Les autorités mexicaines ont présenté cette aide comme un acte de solidarité régionale, soulignant que le Mexique entretient des relations de coopération à travers l'Amérique latine et les Caraïbes, Cuba occupant une place spéciale dans sa politique étrangère. Le gouvernement a également noté qu'il avait récemment fourni une assistance aux États-Unis, notamment à la Californie après les incendies de forêt et au Texas après de graves inondations, soulignant que son soutien humanitaire n'est pas limité par des alliances politiques.

La situation actuelle de Cuba est étroitement liée à une nouvelle répression américaine contre les exportations de pétrole vénézuélien. En décembre, le président Donald Trump a ordonné un blocus total des pétroliers sanctionnés transportant du brut vénézuélien, une mesure qui a directement touché La Havane, qui dépendait depuis longtemps du carburant subventionné de Caracas.

La situation s'est encore détériorée après la détention du dirigeant vénézuélien Nicolás Maduro, un événement qui a effectivement privé Cuba de l'un de ses partenaires politiques et économiques les plus importants.

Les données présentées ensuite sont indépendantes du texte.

-- ===== src/Scan/Job/Pages.antt =====
-- The page that compute_parameters of src/pantum.c announces, for a resolution on offer.
use native.Mathlib.Nat.{mul-le-mul_right}
use pantum_open.Base.{ℕ, ◌-◌, ◌*◌, ◌/◌, ◌^◌, ◌≤◌, ◌<◌, refl, if◌then◌else◌, arith}
use pantum_open.Scan.Window.{
  Mode, lineart, halftone, gray, colour, Settings, Parameters, effective_resolution, line_format,
  source_is_adf, at_least_one, compute_window, compute_parameters, pantum_max_y, pantum_max_y_adf,
  compute_window_lem,
}
use pantum_open.Scan.Image.{IsPage}

-- A page that is not empty.
pub record IsSheet (p : Parameters) : Type 0 where
  pub page : IsPage p
  pub has_lines : 1 ≤ p.lines
  pub has_bytes : 1 ≤ p.bytes_per_line

-- The highest resolution of resolution_list.
abbrev pub max_resolution : ℕ
max_resolution = 1200

abbrev pub IsOffered : Settings → Type 0
IsOffered h = h.resolution ≤ max_resolution

effective_resolution-le : (h : Settings) → IsOffered h → effective_resolution h ≤ max_resolution
unfolding effective_resolution
effective_resolution-le h k = ground arith

line_format-IsSheet :
    (mode : Mode) (pixels lines : ℕ)
    → 1 ≤ pixels
    → 1 ≤ lines
    → lines < 2 ^ 31
    → let f = line_format mode pixels in
      IsSheet (record {
        format = f.0;
        depth = f.1;
        pixels_per_line = pixels;
        bytes_per_line = f.2;
        lines = lines;
      })
unfolding line_format
line_format-IsSheet lineart pixels lines a b c = record {
  page = record { rgb = λ e. cc; gray = λ e d. cc; bits = λ d. omega arith; lines = c };
  has_lines = b;
  has_bytes = omega arith;
}
line_format-IsSheet halftone pixels lines a b c = record {
  page = record { rgb = λ e. cc; gray = λ e d. cc; bits = λ d. omega arith; lines = c };
  has_lines = b;
  has_bytes = omega arith;
}
line_format-IsSheet gray pixels lines a b c = record {
  page = record { rgb = λ e. cc; gray = λ e d. refl; bits = λ d. cc; lines = c };
  has_lines = b;
  has_bytes = omega arith;
}
line_format-IsSheet colour pixels lines a b c = record {
  page = record { rgb = λ e. refl; gray = λ e d. cc; bits = λ d. cc; lines = c };
  has_lines = b;
  has_bytes = omega arith;
}

lines_small :
    (extent dpi : ℕ) → extent ≤ 1400 → dpi ≤ 1200 → at_least_one (extent * dpi / 100) < 2 ^ 31
unfolding at_least_one
lines_small extent dpi a b =
    let small : extent * dpi ≤ 1400 * 1200 = omega (arith, mul-le-mul_right dpi a) in
    let few : extent * dpi / 100 ≤ 16800 = omega (arith, small) in ground (arith, few)

at_least_one-le : (n : ℕ) → 1 ≤ at_least_one n
unfolding at_least_one
at_least_one-le n = ground arith

extent_small : (h : Settings) → let win = compute_window h in win.bottom - win.top ≤ 1400
extent_small h = omega (arith, (compute_window_lem h).1.within, limit)
  where
    limit : (if source_is_adf h then pantum_max_y_adf else pantum_max_y) ≤ 1400
    limit = ground arith

pub compute_parameters-IsSheet : (h : Settings) → IsOffered h → IsSheet (compute_parameters h)
unfolding compute_parameters
compute_parameters-IsSheet h k =
    line_format-IsSheet h.mode _ _ (at_least_one-le _) (at_least_one-le _)
      (lines_small _ (effective_resolution h) (extent_small h) (effective_resolution-le h k))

Par la suite, Washington a également averti de l'imposition potentielle de tarifs douaniers et de pénalités contre les pays qui fournissent encore du pétrole à l'île.

Le Mexique, qui était récemment devenu le plus grand fournisseur de pétrole restant de Cuba, a suspendu ses exportations de carburant sous la pression croissante. Cette décision a aggravé la crise énergétique, laissant le gouvernement cubain chercher désespérément des alternatives tout en rationnant l'électricité et les biens de première nécessité.

Bien que l'envoi d'aide mexicaine offre un soulagement à court terme, il ne résout guère les défis structurels auxquels l'île est confrontée. Pour de nombreux Cubains, la vie quotidienne continue d'être marquée par de longues coupures de courant, des pénuries de nourriture et de médicaments, et des perspectives économiques incertaines.

Alors que les tensions géopolitiques se resserrent à nouveau autour de Cuba, la démarche du Mexique met en lumière le fossé de plus en plus marqué entre les gestes humanitaires et les dures réalités de la diplomatie axée sur les sanctions.